◆ **Work item**
Within the data that follows, set down exactly the lines from the one containing "-- ===== src/Plugin/Liveness.antt" through the one containing "pub logged : (open_log", both ends included.

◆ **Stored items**
**********

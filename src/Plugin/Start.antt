-- ===== src/Plugin/Start.antt =====
-- `Load` of api/Api.cpp: when the plugin starts, and what it has then.
use samp_plugin_api.Prelude.{
  ℕ, ◌≡◌, ◌≢◌, ◌∙◌, sym, inl, inr, refl, Bool, true, false, Option, none, some, [], Text, codes,
  arith, Bool-cases,
}
use samp_plugin_api.Config
use samp_plugin_api.Config.{Config, new_config}
use samp_plugin_api.Players.{to_u16, to_u32}
use samp_plugin_api.Env.{Env}
use samp_plugin_api.Route.{new_route}
use samp_plugin_api.Handler.Table.{register_functions_lem}
use samp_plugin_api.Handler.Dispatch.{IsRegistered}
use samp_plugin_api.Log.{Log, Logger, open_log}
use samp_plugin_api.Log.Opening.{Opened, open_log-Opened}
use samp_plugin_api.Globals.{Globals, live, get_logger}
use samp_plugin_api.Numbers.{Number, number, invalid_argument, out_of_range, stoi, stoul}
use samp_plugin_api.Numbers.Bounds.{stoul-lt}
use samp_plugin_api.Plugin.Started.{IsIdle, IsAbandoned, StartsRight}
use samp_plugin_api.Plugin.{
  Surroundings, new_handler, new_endpoint, load_seed, load_endpoint, with_password, load_config,
  load_log, load, set_password, set_seed,
}

new_handler-IsRegistered :
    (pw : Text) (unset seed : ℕ)
    → IsRegistered (set_seed seed (set_password pw (new_handler unset)))
unfolding new_handler
new_handler-IsRegistered pw unset seed =
    rw
      (register_functions_lem
        (record { password = []; seed = unset; routes = []; route = new_route }) refl)
      (record { routes = refl; no_cache = refl })

module _ {World Float Fs Sink : Type 0} (env : Env World Float)
    (around : Surroundings Fs Sink) where
  module _ (before : Globals World Sink) where
    -- The globals when `Load` has read the configuration.
    record IsReading (read : Config) (g : Globals World Sink) : Type 0 where
      players : g.players ≡ live []
      endpoint : g.endpoint ≡ before.endpoint
      logger : (l : Logger Sink) × (get_logger g.logger ≡ some l)
      config : g.config ≡ live read
      service : g.service ≡ true
      ready : g.ready ≡ before.ready

    idle :
        (config : Config) (g : Globals World Sink) → IsReading config g → IsIdle env around before g
    idle config g r = record { players = r.players; endpoint = r.endpoint }

    module _ (config : Config) (loaded : Config.load around.file new_config ≡ (config, true)) where
      abbrev port_text : Text
      port_text = Config.get_default config (codes "api_port") (codes "7778") 0

      abbrev seed_text : Text
      seed_text = Config.get_default config (codes "api_seed") (codes "17733194") 0

      abandoned :
          (pw : Text) (n : ℕ) (g : Globals World Sink)
          → Config.get config (codes "api_password") 0 ≡ some pw
          → stoi port_text ≡ number n
          → around.can_bind (to_u16 (to_u32 n)) ≡ true
          → IsReading config g
          → ((k : ℕ) → stoul seed_text ≢ number k)
          → IsAbandoned env around
              (record g { endpoint = live (new_endpoint env around (to_u16 (to_u32 n)) pw) })
      abandoned pw n g p q b r bad = record {
        players = r.players;
        read = config;
        config = loaded;
        password = (pw, p);
        bad_seed = bad;
        left = new_endpoint env around (to_u16 (to_u32 n)) pw;
        endpoint = refl;
        port_number = (n, q, omega arith);
        bound = b;
        accepts = refl;
      }

      load_seed-StartsRight :
          (pw : Text) (n : ℕ) (g : Globals World Sink)
          → Config.get config (codes "api_password") 0 ≡ some pw
          → stoi port_text ≡ number n
          → around.can_bind (to_u16 (to_u32 n)) ≡ true
          → IsReading config g
          → (o : Number) → stoul seed_text ≡ o
          → StartsRight env around before (
              load_seed env around port_text
                (to_u16 (to_u32 n))
                seed_text
                (new_endpoint env around (to_u16 (to_u32 n)) pw)
                g)
      unfolding load_seed
      load_seed-StartsRight pw n g p q b r (number k) e =
          rw (e, load_seed)
            (record {
              server = record {
                ready = g.ready;
                config = config;
                players = [];
                handler = set_seed (to_u32 k) (set_password pw (new_handler around.unset_seed));
                manager = record { sessions = []; heap = [] };
                next = 0;
                port = to_u16 (to_u32 n);
                accepting = true;
                world = _;
              };
              runs = record {
                logger = r.logger;
                config = r.config;
                players = r.players;
                endpoint = refl;
                service = r.service;
                ready = refl;
                world = refl;
              };
              inv = record {
                registered = new_handler-IsRegistered pw around.unset_seed (to_u32 k);
                players = tt;
                distinct = tt;
                managed = tt;
              };
              ready = r.ready;
              accepts = refl;
              listens = refl;
              config = loaded;
              password = p;
              seed = (k, e, omega (arith, stoul-lt seed_text k e));
              port_number = (n, q, omega arith);
              bound = b;
            })
      load_seed-StartsRight pw n g p q b r invalid_argument e =
          rw (e, load_seed) (inr (abandoned pw n g p q b r (λ k f. cc (sym e ∙ f))))
      load_seed-StartsRight pw n g p q b r out_of_range e =
          rw (e, load_seed) (inr (abandoned pw n g p q b r (λ k f. cc (sym e ∙ f))))

      load_endpoint-StartsRight :
          (pw : Text) (g : Globals World Sink)
          → Config.get config (codes "api_password") 0 ≡ some pw
          → IsReading config g
          → (o : Number) → stoi port_text ≡ o
          → StartsRight env around before (load_endpoint env around port_text seed_text pw g)
      unfolding load_endpoint
      load_endpoint-StartsRight pw g p r (number n) e =
          rw (e, load_endpoint)
            (elim (Bool-cases (around.can_bind (to_u16 (to_u32 n)))) [
              | inl b ↦ rw b (load_seed-StartsRight pw n g p e b r (stoul seed_text) refl)
              | inr b ↦ rw b (inl (idle config g r))
            ])
      load_endpoint-StartsRight pw g p r invalid_argument e =
          rw (e, load_endpoint) (inl (idle config g r))
      load_endpoint-StartsRight pw g p r out_of_range e =
          rw (e, load_endpoint) (inl (idle config g r))

      with_password-StartsRight :
          (o : Option Text) (g : Globals World Sink)
          → Config.get config (codes "api_password") 0 ≡ o
          → IsReading config g
          → StartsRight env around before (with_password env around port_text seed_text o g)
      with_password-StartsRight none g e r = record { players = r.players; endpoint = r.endpoint }
      with_password-StartsRight (some pw) g e r =
          load_endpoint-StartsRight pw g e r (stoi port_text) refl

    load_config-StartsRight :
        (c : Config × Bool) (g : Globals World Sink)
        → Config.load around.file new_config ≡ c
        → g.players ≡ live []
        → g.endpoint ≡ before.endpoint
        → g.ready ≡ before.ready
        → (l : Logger Sink) × (get_logger g.logger ≡ some l)
        → StartsRight env around before (load_config env around c g)
    unfolding load_config
    load_config-StartsRight (config, false) g e p q k l = record { players = p; endpoint = q }
    load_config-StartsRight (config, true) g e p q k l =
        with_password-StartsRight config e (Config.get config (codes "api_password") 0) _ refl
          (record {
            players = p;
            endpoint = q;
            logger = l;
            config = refl;
            service = refl;
            ready = k;
          })

    load_log-StartsRight :
        (checked : Fs × Option Bool) (out : Fs × Log Sink × Option Bool) (g : Globals World Sink)
        → Opened around.files checked out
        → g.players ≡ live []
        → g.endpoint ≡ before.endpoint
        → g.ready ≡ before.ready
        → StartsRight env around before (load_log env around out g)
    unfolding load_log
    load_log-StartsRight c (fs, log, none) g o p q k = inl (record { players = p; endpoint = q })
    load_log-StartsRight c (fs, log, some false) g o p q k = record { players = p; endpoint = q }
    load_log-StartsRight c (fs, log, some true) g (inl (e, _, _)) p q k = cc
    load_log-StartsRight c (fs, log, some true) g (inr (inl (e, _, _))) p q k = cc
    load_log-StartsRight c (fs, log, some true) g (inr (inr (sink, e, _, _, l))) p q k =
        load_config-StartsRight (Config.load around.file new_config) _ refl p q k (_, l)

  pub load-StartsRight : (g : Globals World Sink) → StartsRight env around g (load env around g)
  unfolding load
  load-StartsRight g =
      let (checked, _, opened) = open_log-Opened around.files around.fs in
      load_log-StartsRight g checked (open_log around.files around.fs) _ opened refl refl refl
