-- ===== src/Plugin/Liveness.antt =====
-- What is enough for `Load` to start the plugin.
use samp_plugin_api.Prelude.{
  ℕ, ◌≡◌, refl, sym, subst, Bool, true, false, Option, none, some, [], ◌∷◌, Text, codes, arith,
}
use samp_plugin_api.Config
use samp_plugin_api.Config.{Config, new_config}
use samp_plugin_api.Players.{to_u16, to_u32}
use samp_plugin_api.Env.{Env, str}
use samp_plugin_api.Log.{Log, open_log}
use samp_plugin_api.Globals.{Globals, Endpoint, live}
use samp_plugin_api.Numbers.{number, stoi, stoul}
use samp_plugin_api.Numbers.Bounds.{stoi-lt}
use samp_plugin_api.Plugin.{
  Outcome, listening, Surroundings, load_seed, load_endpoint, load_config, load_log, load,
  new_endpoint, set_seed,
}

module _ {World Float Fs Sink : Type 0} (env : Env World Float)
    (around : Surroundings Fs Sink) where
  -- What `Load` needs to start the plugin: the log opens, the file is read and holds a password, the
  -- port and the seed are numbers, and the port can be bound.
  pub record CanStart : Type 0 where
    pub config : Config
    pub password : Text
    pub port : ℕ
    pub seed : ℕ
    pub logged : (open_log around.files around.fs).2 ≡ some true
    pub loaded : Config.load around.file new_config ≡ (config, true)
    pub with_password : Config.get config (codes "api_password") 0 ≡ some password
    pub with_port :
        stoi (Config.get_default config (codes "api_port") (codes "7778") 0) ≡ number port
    pub bound : around.can_bind (to_u16 port) ≡ true
    pub with_seed :
        stoul (Config.get_default config (codes "api_seed") (codes "17733194") 0) ≡ number seed

  abbrev pub Listens : ℕ → Bool → Outcome World Sink → Type 0
  Listens port ret (listening g port' ret') = (port' ≡ port) × (ret' ≡ ret)
  Listens port ret _ = ⊥

  module _ (c : CanStart) where
    -- The endpoint of a plugin that has just started, and the line that it logs.
    abbrev pub fresh : Endpoint
    fresh = record (new_endpoint env around (to_u16 c.port) c.password) {
      handler =
          set_seed (to_u32 c.seed) (new_endpoint env around (to_u16 c.port) c.password).handler;
      accepting = true;
    }

    abbrev pub greet : World → World
    greet w =
        env.samp.log_info
          (env.format (codes "[SA-MP API] Starting listening on port {}.")
            (str (Config.get_default c.config (codes "api_port") (codes "7778") 0) ∷ []))
          w

    -- The globals after `Load`.
    abbrev pub opened : Globals World Sink → Globals World Sink
    opened g = record g {
      logger = live (open_log around.files around.fs).1;
      config = live c.config;
      players = live [];
      service = true;
      endpoint = live fresh;
      world = greet g.world;
    }

    abbrev listens : Globals World Sink → Outcome World Sink
    listens g = listening g (to_u16 c.port) around.sdk_loaded

    endpoint_starts :
        (g : Globals World Sink)
        → load_endpoint env around
            (Config.get_default c.config (codes "api_port") (codes "7778") 0)
            (Config.get_default c.config (codes "api_seed") (codes "17733194") 0)
            c.password
            g
          ≡ listens (record g { endpoint = live fresh; world = greet g.world })
    unfolding load_endpoint load_seed
    endpoint_starts g =
        let small : to_u32 c.port ≡ c.port = omega (
          arith,
          stoi-lt (Config.get_default c.config (codes "api_port") (codes "7778") 0) c.port
              c.with_port,
        ) in
        rw (c.with_port, load_endpoint) (rw small (rw c.bound (rw (c.with_seed, load_seed) refl)))

    config_starts :
        (o : Config × Bool) (g : Globals World Sink)
        → o ≡ (c.config, true)
        → load_config env around o g
          ≡ listens (record g {
            config = live c.config;
            service = true;
            endpoint = live fresh;
            world = greet g.world;
          })
    unfolding load_config
    config_starts o g e = rw (e, c.with_password) (endpoint_starts _)

    log_starts :
        (out : Fs × Log Sink × Option Bool) (g : Globals World Sink)
        → out.2 ≡ some true
        → load_log env around out g
          ≡ listens (record g {
            logger = live out.1;
            config = live c.config;
            service = true;
            endpoint = live fresh;
            world = greet g.world;
          })
    unfolding load_log
    log_starts (fs, log, some true) g e = config_starts _ _ c.loaded
    log_starts (fs, log, some false) g e = cc
    log_starts (fs, log, none) g e = cc

    -- `Load`, where the log opened, the file was read and holds a password, the port and the seed
    -- are numbers, and the port can be bound.
    pub load_lem : (g : Globals World Sink) → load env around g ≡ listens (opened g)
    unfolding load
    load_lem g = log_starts (open_log around.files around.fs) _ c.logged

    -- The plugin then listens on the port, and `Load` returns the SDK's result.
    pub load_starts :
        (g : Globals World Sink) → Listens (to_u16 c.port) around.sdk_loaded (load env around g)
    load_starts g =
        subst (Listens (to_u16 c.port) around.sdk_loaded) (sym (load_lem g)) (refl, refl)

**********

◆ **Final answer**
-- ===== src/Plugin/Liveness.antt =====
-- What is enough for `Load` to start the plugin.
use samp_plugin_api.Prelude.{
  ℕ, ◌≡◌, refl, sym, subst, Bool, true, false, Option, none, some, [], ◌∷◌, Text, codes, arith,
}
use samp_plugin_api.Config
use samp_plugin_api.Config.{Config, new_config}
use samp_plugin_api.Players.{to_u16, to_u32}
use samp_plugin_api.Env.{Env, str}
use samp_plugin_api.Log.{Log, open_log}
use samp_plugin_api.Globals.{Globals, Endpoint, live}
use samp_plugin_api.Numbers.{number, stoi, stoul}
use samp_plugin_api.Numbers.Bounds.{stoi-lt}
use samp_plugin_api.Plugin.{
  Outcome, listening, Surroundings, load_seed, load_endpoint, load_config, load_log, load,
  new_endpoint, set_seed,
}

module _ {World Float Fs Sink : Type 0} (env : Env World Float)
    (around : Surroundings Fs Sink) where
  -- What `Load` needs to start the plugin: the log opens, the file is read and holds a password, the
  -- port and the seed are numbers, and the port can be bound.
  pub record CanStart : Type 0 where
    pub config : Config
    pub password : Text
    pub port : ℕ
    pub seed : ℕ
    pub logged : (open_log around.files around.fs).2 ≡ some true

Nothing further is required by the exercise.